Since the late 1980s, standard lines have written more of the tough stuff, sometimes without the needed expertise. As the market changes--and there's some evidence lately of firming--we'll see more standard carriers weed out these troublesome accounts, sending them back to traditional surplus-lines carriers, a sign of a standard-lines market lacking the expertise or discipline required by the surplus-lines market.
For customers, however, standard-lines carriers can offer advantages that surplus-lines carriers can't afford. The key is finding standard-line carriers who have the ability to write tough exposures through dedicated units that know this business. Agents also see the advantage of working with standard carriers because the agents can place their accounts with their regular carriers and build on established relationships rather than having to go to a standalone, nonrelated marketplace.
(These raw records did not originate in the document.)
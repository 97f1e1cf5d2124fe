-- ===== src/Inventory/Views/Laws.antt =====
-- The maps of the readings (src/services/inventoryService.ts) and the tables.
use backend_v.Prelude.{
  ◌≡◌, refl, ap, ◌∙◌, Bool, ◌&&◌, true, List, [], ◌∷◌, nat_beq, get_or, if◌then◌else◌, arith,
}
use backend_v.Prelude.Int.{ℤ, pos, ◌+ℤ◌, int_laws}
use backend_v.Inventory.Mode.{mode_of, InventoryMode, cashier_mode, branch_mode, get_inventory_mode}
use backend_v.Inventory.Table.{StockTable, quantity_of, sum_where}
use backend_v.Inventory.Views.{
  get, includes, StockMap, branch_entries, cashier_entries, add_to_group, group_entries,
}
use backend_v.Store.Schema.{RowId, Db, BranchKey, CashierKey, branch_key_eq, cashier_key_eq}

abbrev pub at_branch : RowId → RowId → BranchKey
at_branch s p = record { shop_id = s; product_id = p }

abbrev pub at_cashier : RowId → RowId → RowId → CashierKey
at_cashier s c p = record { shop_id = s; cashier_id = c; product_id = p }

abbrev pub of_shop_product : RowId → RowId → CashierKey → Bool
of_shop_product s p k = nat_beq k.shop_id s && nat_beq k.product_id p

unfoldable pub stock_in : InventoryMode → Db → RowId → RowId → ℤ
stock_in branch_mode d s p = quantity_of (at_branch s p) d.branch_inventory
stock_in cashier_mode d s p = sum_where (of_shop_product s p) d.cashier_inventory

-- The stock of a product at a branch: its row's quantity since the cutover, and before it the sum
-- over the branch's cashiers.
unfoldable pub shop_stock : Db → RowId → RowId → ℤ
unfolding stock_in
shop_stock d s p = stock_in (get_inventory_mode d) d s p

unfoldable pub own_stock_in : InventoryMode → Db → RowId → RowId → RowId → ℤ
own_stock_in branch_mode d s c p = quantity_of (at_branch s p) d.branch_inventory
own_stock_in cashier_mode d s c p = quantity_of (at_cashier s c p) d.cashier_inventory

-- The stock that one cashier can sell.
unfoldable pub own_stock : Db → RowId → RowId → RowId → ℤ
unfolding own_stock_in
own_stock d s c p = own_stock_in (get_inventory_mode d) d s c p

stock_in_frame :
    (m : InventoryMode) (d d' : Db) (s p : RowId)
    → d'.branch_inventory ≡ d.branch_inventory
    → d'.cashier_inventory ≡ d.cashier_inventory
    → stock_in m d' s p ≡ stock_in m d s p
unfolding stock_in
stock_in_frame branch_mode d d' s p branch cashier = ap (quantity_of (at_branch s p)) branch
stock_in_frame cashier_mode d d' s p branch cashier = ap (sum_where (of_shop_product s p)) cashier

-- The stock is read from these columns alone.
pub shop_stock_frame :
    (d d' : Db) (s p : RowId)
    → d'.inventory_source ≡ d.inventory_source
    → d'.branch_inventory ≡ d.branch_inventory
    → d'.cashier_inventory ≡ d.cashier_inventory
    → shop_stock d' s p ≡ shop_stock d s p
unfolding shop_stock get_inventory_mode
shop_stock_frame d d' s p source branch cashier =
    ap (λ f. stock_in (mode_of f) d' s p) source
    ∙ stock_in_frame (get_inventory_mode d) d d' s p branch cashier

pub get-branch_entries :
    (s p : RowId) (ids : List RowId) (t : StockTable BranchKey)
    → includes ids p ≡ true
    → get_or (get p (branch_entries s ids t)) (pos 0) ≡ quantity_of (at_branch s p) t
unfolding get branch_entries quantity_of
get-branch_entries s p ids [] h = refl
get-branch_entries s p ids (r ∷ t) h = grind (arith, get-branch_entries s p ids t)

pub get-cashier_entries :
    (s c p : RowId) (ids : List RowId) (t : StockTable CashierKey)
    → includes ids p ≡ true
    → get_or (get p (cashier_entries s c ids t)) (pos 0) ≡ quantity_of (at_cashier s c p) t
unfolding get cashier_entries quantity_of
get-cashier_entries s c p ids [] h = refl
get-cashier_entries s c p ids (r ∷ t) h = grind (arith, get-cashier_entries s c p ids t)

get-add_to_group :
    (k p : RowId) (v : ℤ) (m : StockMap)
    → get_or (get p (add_to_group k v m)) (pos 0)
      ≡ (if nat_beq k p then get_or (get p m) (pos 0) +ℤ v else get_or (get p m) (pos 0))
unfolding get add_to_group
get-add_to_group k p v [] = grind int_laws
get-add_to_group k p v ((j, w) ∷ m) = ground (arith, get-add_to_group k p v m)

pub get-group_entries :
    (s p : RowId) (ids : List RowId) (t : StockTable CashierKey)
    → includes ids p ≡ true
    → get_or (get p (group_entries s ids t)) (pos 0) ≡ sum_where (of_shop_product s p) t
unfolding get group_entries sum_where
get-group_entries s p ids [] h = refl
get-group_entries s p ids (r ∷ t) h = grind (
  int_laws,
  get-group_entries s p ids t,
  get-add_to_group r.key.product_id p r.quantity (group_entries s ids t),
)
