-- ===== src/Inventory/Adjust/Effects.antt =====
-- The effect of a successful stock change on the readings, in both modes.
use backend_v.Prelude.{
  ◌≡◌, sym, ap, ◌∙◌, Bool, ◌&&◌, true, false, some, nat_beq, if◌then◌else◌, arith,
}
use backend_v.Prelude.Int.{ℤ, pos, ◌+ℤ◌, int_laws}
use backend_v.Errors.{Result, ok}
use backend_v.Inventory.Mode.{cashier_mode, branch_mode, get_inventory_mode}
use backend_v.Inventory.Table.{quantity_of, create_missing}
use backend_v.Inventory.Table.Laws.{
  exists_row-create_missing, quantity_of-create_missing, quantity_of-increment,
  sum_where-create_missing, sum_where-increment,
}
use backend_v.Inventory.Adjust.Laws.{branch_changed, cashier_changed, overdraws}
use backend_v.Inventory.Adjust.Outcome.{
  Outcome, missing, unnamed, branch_unchanged, cashier_unchanged, branch_overdraft,
  cashier_overdraft, branch_change, cashier_change, adjust_stock-Outcome,
}
use backend_v.Inventory.Adjust.{
  AdjustStockInput, StockChange, is_zero, branch_key, cashier_key, adjust_stock, find_product,
}
use backend_v.Inventory.Views.Laws.{shop_stock, at_branch, of_shop_product}
use backend_v.Store.Schema.{RowId, Db, Product, branch_key_eq, cashier_key_eq}

is_zero_lem : (z : ℤ) → is_zero z ≡ true → z ≡ pos 0
is_zero_lem z h = ground arith

add_zero : (a b : ℤ) → is_zero b ≡ true → a +ℤ b ≡ a
add_zero a b h = rw (is_zero_lem b h) (omega int_laws)

abbrev pub is_target : AdjustStockInput → RowId → RowId → Bool
is_target i s p = nat_beq s i.shop_id && nat_beq p i.product_id

shop_stock-branch_changed :
    (i : AdjustStockInput) (d : Db) (s p : RowId)
    → get_inventory_mode d ≡ branch_mode
    → shop_stock (branch_changed i d) s p
      ≡ (if is_target i s p then shop_stock d s p +ℤ i.delta else shop_stock d s p)
unfolding shop_stock get_inventory_mode
shop_stock-branch_changed i d s p mode =
    let t = d.branch_inventory in
    let created = create_missing (branch_key i) t in
    rw mode (
      ground (
        arith,
        quantity_of-increment (branch_key i) (at_branch s p) i.delta created
            (exists_row-create_missing (branch_key i) t),
        quantity_of-create_missing (branch_key i) (at_branch s p) t,
      ))

shop_stock-cashier_changed :
    (i : AdjustStockInput) (c : RowId) (d : Db) (s p : RowId)
    → get_inventory_mode d ≡ cashier_mode
    → shop_stock (cashier_changed i c d) s p
      ≡ (if is_target i s p then shop_stock d s p +ℤ i.delta else shop_stock d s p)
unfolding shop_stock get_inventory_mode
shop_stock-cashier_changed i c d s p mode =
    let t = d.cashier_inventory in
    let created = create_missing (cashier_key i c) t in
    rw mode (
      ground (
        arith,
        sum_where-increment (of_shop_product s p) (cashier_key i c) i.delta created
            (exists_row-create_missing (cashier_key i c) t),
        sum_where-create_missing (of_shop_product s p) (cashier_key i c) t,
      ))

-- What holds after no change, a branch's change and a cashier's change holds after every
-- successful call.
pub success_cases {ℓ} :
    (P : Db → Type ℓ) (i : AdjustStockInput) (d : Db) (change : StockChange) (d' : Db)
    → adjust_stock i d ≡ (ok change, d')
    → (is_zero i.delta ≡ true → P d)
    → ((q : Product)
        → find_product i d ≡ some q
        → get_inventory_mode d ≡ branch_mode
        → overdraws (quantity_of (branch_key i) d.branch_inventory) i.delta ≡ false
        → P (branch_changed i d))
    → ((q : Product) (c : RowId)
        → find_product i d ≡ some q
        → get_inventory_mode d ≡ cashier_mode
        → overdraws (quantity_of (cashier_key i c) d.cashier_inventory) i.delta ≡ false
        → P (cashier_changed i c d))
    → P d'
success_cases P i d change d' h none_case branch_case cashier_case = go (adjust_stock-Outcome i d)
  where
    state : (x : Result StockChange × Db) → adjust_stock i d ≡ x → d' ≡ x.1
    state x e = ap (λ y. y.1) (sym h ∙ e)

    go : Outcome i d (adjust_stock i d) → P d'
    go (missing _ e) = cc
    go (unnamed _ _ _ _ e) = cc
    go (branch_overdraft _ _ _ _ _ e) = cc
    go (cashier_overdraft _ _ _ _ _ _ _ e) = cc
    go (branch_unchanged _ _ _ zero e) = rw (state _ e) (none_case zero)
    go (cashier_unchanged _ _ _ _ _ zero e) = rw (state _ e) (none_case zero)
    go (branch_change q found mode _ fits e) = rw (state _ e) (branch_case q found mode fits)
    go (cashier_change q c found mode _ _ fits e) =
        rw (state _ e) (cashier_case q c found mode fits)

-- A successful change of a product's stock at a branch moves what every view shows of it by the
-- amount asked for, and the stock of no other product or branch.
pub shop_stock-adjust_stock :
    (i : AdjustStockInput) (d : Db) (change : StockChange) (d' : Db) (s p : RowId)
    → adjust_stock i d ≡ (ok change, d')
    → shop_stock d' s p
      ≡ (if is_target i s p then shop_stock d s p +ℤ i.delta else shop_stock d s p)
shop_stock-adjust_stock i d change d' s p h =
    success_cases
      (λ x.
        shop_stock x s p
        ≡ (if is_target i s p then shop_stock d s p +ℤ i.delta else shop_stock d s p))
      i d change d' h (λ zero. ground (arith, add_zero (shop_stock d s p) i.delta zero))
      (λ q found mode fits. shop_stock-branch_changed i d s p mode)
      (λ q c found mode fits. shop_stock-cashier_changed i c d s p mode)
Pricing is a paramount issue. In a soft market, standard carriers run the risk of inadequate pricing, terms and conditions due to lack of expertise or pursuit of premium. Surplus-lines carriers may offer an array of pricing, terms and conditions and have trouble competing.
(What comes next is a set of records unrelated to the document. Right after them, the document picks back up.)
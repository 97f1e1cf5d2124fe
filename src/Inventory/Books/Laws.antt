-- ===== src/Inventory/Books/Laws.antt =====
-- Stock changes (src/services/inventoryService.ts) and the accounts.
use backend_v.Prelude.{
  ◌≡◌, refl, ap, ◌∙◌, Bool, ◌&&◌, true, false, some, List, [], ◌∷◌, ◌++◌, nat_beq, find, is_some,
  KeyTest, if◌then◌else◌, arith,
}
use backend_v.Prelude.Int.{ℤ, pos, ◌+ℤ◌, ◌≤ℤ◌, int_laws, drift_trans}
use backend_v.Errors.{ok}
use backend_v.Inventory.Mode.{InventoryMode, mode_of, cashier_mode, branch_mode, get_inventory_mode}
use backend_v.Inventory.Table.{
  quantity_of, create_missing, increment, sum_where, IsNonneg, StockTable,
}
use backend_v.Inventory.Table.Laws.{
  exists_row-create_missing, quantity_of-create_missing, sum_where-create_missing,
  sum_where-increment, create_missing-IsNonneg, increment-IsNonneg, quantity_of-nonneg,
}
use backend_v.Inventory.Adjust.Laws.{branch_changed, cashier_changed, overdraws}
use backend_v.Inventory.Adjust.Effects.{success_cases}
use backend_v.Inventory.Adjust.{
  AdjustStockInput, StockChange, branch_key, cashier_key, increment_stock, adjust_stock,
  find_product,
}
use backend_v.Inventory.Books.{
  stock_in_mode, stock_of, all_stock, moved, Tracks, KeepsStock, SameStock,
}
use backend_v.Store.Schema.{RowId, Db, Product, InventoryMovement, branch_key_eq, cashier_key_eq}

find-&& {ℓ} :
    {A : Type ℓ} (a b : A → Bool) (x : A) (xs : List A)
    → find (λ y. a y && b y) xs ≡ some x
    → is_some (find a xs) ≡ true
find-&& a b x [] h = cc
find-&& a b x (y ∷ xs) h = ground (arith, find-&& a b x xs)

stock_of-increment_stock :
    (id p : RowId) (delta : ℤ) (products : List Product)
    → is_some (find (λ q. nat_beq q.id id) products) ≡ true
    → stock_of p (increment_stock id delta products)
      ≡ (if nat_beq id p then stock_of p products +ℤ delta else stock_of p products)
unfolding stock_of increment_stock
stock_of-increment_stock id p delta [] h = cc
stock_of-increment_stock id p delta (q ∷ products) h =
    ground (arith, stock_of-increment_stock id p delta products)

moved-append :
    (p : RowId) (ms : List InventoryMovement) (m : InventoryMovement)
    → moved p (ms ++ m ∷ [])
      ≡ (if nat_beq m.product_id p then moved p ms +ℤ m.quantity else moved p ms)
unfolding moved
moved-append p [] m = grind int_laws
moved-append p (n ∷ ms) m = grind (int_laws, moved-append p ms m)

pub Tracks-refl : (d : Db) → Tracks d d
Tracks-refl d = record {
  source = refl;
  rows = λ p. refl;
  history = λ p. refl;
  stocked = λ h. h;
  branch_products = refl;
  customers = refl;
  credit_transactions = refl;
  bills = refl;
  sessions = refl;
  bill_counters = refl;
  shops = refl;
  audit_logs = refl;
  purchases = refl;
  purchase_reversals = refl;
  accounts = refl;
}

pub Tracks-trans : {a b c : Db} → Tracks a b → Tracks b c → Tracks a c
Tracks-trans {a} {b} {c} s t = record {
  source = t.source ∙ s.source;
  rows = λ p. drift_trans _ _ _ _ _ _ (s.rows p) (t.rows p);
  history = λ p. drift_trans _ _ _ _ _ _ (s.history p) (t.history p);
  stocked = λ h. t.stocked (s.stocked h);
  branch_products = t.branch_products ∙ s.branch_products;
  customers = t.customers ∙ s.customers;
  credit_transactions = t.credit_transactions ∙ s.credit_transactions;
  bills = t.bills ∙ s.bills;
  sessions = t.sessions ∙ s.sessions;
  bill_counters = t.bill_counters ∙ s.bill_counters;
  shops = t.shops ∙ s.shops;
  audit_logs = t.audit_logs ∙ s.audit_logs;
  purchases = t.purchases ∙ s.purchases;
  purchase_reversals = t.purchase_reversals ∙ s.purchase_reversals;
  accounts = t.accounts ∙ s.accounts;
}

-- The aggregate, the rows and the history of a product that the stock change is about exist.
product_present :
    (i : AdjustStockInput) (d : Db) (q : Product)
    → find_product i d ≡ some q
    → is_some (find (λ x. nat_beq x.id i.product_id) d.products) ≡ true
unfolding find_product
product_present i d q h = find-&& (λ x. nat_beq x.id i.product_id) _ q d.products h

fits_nonneg : (q delta : ℤ) → pos 0 ≤ℤ q → overdraws q delta ≡ false → pos 0 ≤ℤ q +ℤ delta
fits_nonneg q delta h fits = grind int_laws

added-IsNonneg :
    {K : Type 0} ⦃e : KeyTest K⦄ (k : K) (delta : ℤ) (t : StockTable K)
    → IsNonneg t
    → overdraws (quantity_of k t) delta ≡ false
    → IsNonneg (increment k delta (create_missing k t))
added-IsNonneg k delta t h fits =
    increment-IsNonneg k delta (create_missing k t) (create_missing-IsNonneg k t h) (
      rw (quantity_of-create_missing k k t)
        (fits_nonneg (quantity_of k t) delta (quantity_of-nonneg k t h) fits))

branch_changed-Tracks :
    (i : AdjustStockInput) (d : Db) (q : Product)
    → find_product i d ≡ some q
    → get_inventory_mode d ≡ branch_mode
    → overdraws (quantity_of (branch_key i) d.branch_inventory) i.delta ≡ false
    → Tracks d (branch_changed i d)
unfolding all_stock get_inventory_mode
branch_changed-Tracks i d q found mode fits =
    let t = d.branch_inventory in
    let created = create_missing (branch_key i) t in
    let present = exists_row-create_missing (branch_key i) t in
    let here = product_present i d q found in
    record {
      source = refl;
      rows = λ p. rw mode (
          grind (
            int_laws,
            stock_of-increment_stock i.product_id p i.delta d.products here,
            sum_where-increment (λ k. nat_beq k.product_id p) (branch_key i) i.delta created
                present,
            sum_where-create_missing (λ k. nat_beq k.product_id p) (branch_key i) t,
          ));
      history = λ p. grind (
        int_laws,
        stock_of-increment_stock i.product_id p i.delta d.products here,
        moved-append p d.movements,
      );
      stocked = λ h. (added-IsNonneg (branch_key i) i.delta t h.0 fits, h.1);
      branch_products = refl;
      customers = refl;
      credit_transactions = refl;
      bills = refl;
      sessions = refl;
      bill_counters = refl;
      shops = refl;
      audit_logs = refl;
      purchases = refl;
      purchase_reversals = refl;
      accounts = refl;
    }

cashier_changed-Tracks :
    (i : AdjustStockInput) (c : RowId) (d : Db) (q : Product)
    → find_product i d ≡ some q
    → get_inventory_mode d ≡ cashier_mode
    → overdraws (quantity_of (cashier_key i c) d.cashier_inventory) i.delta ≡ false
    → Tracks d (cashier_changed i c d)
unfolding all_stock get_inventory_mode
cashier_changed-Tracks i c d q found mode fits =
    let t = d.cashier_inventory in
    let created = create_missing (cashier_key i c) t in
    let present = exists_row-create_missing (cashier_key i c) t in
    let here = product_present i d q found in
    record {
      source = refl;
      rows = λ p. rw mode (
          grind (
            int_laws,
            stock_of-increment_stock i.product_id p i.delta d.products here,
            sum_where-increment (λ k. nat_beq k.product_id p) (cashier_key i c) i.delta created
                present,
            sum_where-create_missing (λ k. nat_beq k.product_id p) (cashier_key i c) t,
          ));
      history = λ p. grind (
        int_laws,
        stock_of-increment_stock i.product_id p i.delta d.products here,
        moved-append p d.movements,
      );
      stocked = λ h. (h.0, added-IsNonneg (cashier_key i c) i.delta t h.1 fits);
      branch_products = refl;
      customers = refl;
      credit_transactions = refl;
      bills = refl;
      sessions = refl;
      bill_counters = refl;
      shops = refl;
      audit_logs = refl;
      purchases = refl;
      purchase_reversals = refl;
      accounts = refl;
    }

-- A successful stock change moves the aggregate of each product, the rows that hold its stock and
-- its history by the same amount, takes nothing below 0 and writes no other table.
pub adjust_stock-Tracks :
    (i : AdjustStockInput) (d : Db) (change : StockChange) (d' : Db)
    → adjust_stock i d ≡ (ok change, d')
    → Tracks d d'
adjust_stock-Tracks i d change d' h =
    success_cases (Tracks d) i d change d' h (λ zero. Tracks-refl d) (branch_changed-Tracks i d)
      (λ q c. cashier_changed-Tracks i c d q)

stock_in_mode_frame :
    (m : InventoryMode) (d d' : Db) (p : RowId)
    → d'.branch_inventory ≡ d.branch_inventory
    → d'.cashier_inventory ≡ d.cashier_inventory
    → stock_in_mode m d' p ≡ stock_in_mode m d p
unfolding stock_in_mode
stock_in_mode_frame branch_mode d d' p branch cashier =
    ap (sum_where (λ k. nat_beq k.product_id p)) branch
stock_in_mode_frame cashier_mode d d' p branch cashier =
    ap (sum_where (λ k. nat_beq k.product_id p)) cashier

all_stock_frame : (d d' : Db) (p : RowId) → SameStock d d' → all_stock d' p ≡ all_stock d p
unfolding all_stock get_inventory_mode
all_stock_frame d d' p s =
    ap (λ f. stock_in_mode (mode_of f) d' p) s.source
    ∙ stock_in_mode_frame (get_inventory_mode d) d d' p s.branch s.cashier

pub KeepsStock-frame : (d x y : Db) → Tracks d x → SameStock x y → KeepsStock d y
KeepsStock-frame d x y t s = record {
  rows = λ p. rw (all_stock_frame x y p s, s.products) (t.rows p);
  history = λ p. rw (s.products, s.movements) (t.history p);
  stocked = λ h. rw (s.branch, s.cashier) (t.stocked h);
}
The flip side of price is stability. Carriers must make sure their short- and long-tail losses are covered, or no one will be in business very long.
Insureds also look for a company that understands their particular business and products and, most importantly, can aggressively defend those products in the event of a claim. This, too, is where standard carriers can compete effectively. Successful carriers offer a breadth of knowledge of the marketplace and a significant expertise in claims handling, loss control and underwriting. They also possess an in-depth knowledge of various coverages unique to product manufacturing, such as design errors and omissions, product recall expense and pollution coverages.
Knowledgeable buyers often look first at a company's claim-handling capability to find the right fit. They want a carrier that will aggressively safeguard their product's reputation, a capacity that typically comes with substantial experience in tough products.
Take the case of a woodworking-machine manufacturer facing allegations that the safety guard on one of its power saws is deficient and resulted in a serious arm injury Some carriers might attempt to settle the claim quickly, which could make the insured a target for lawsuits by other product users alleging they, too, were injured by the machine. However, a carrier experienced in tough products might investigate the claim more deeply and discover that the safety guard was not deficient, but instead removed by the owner.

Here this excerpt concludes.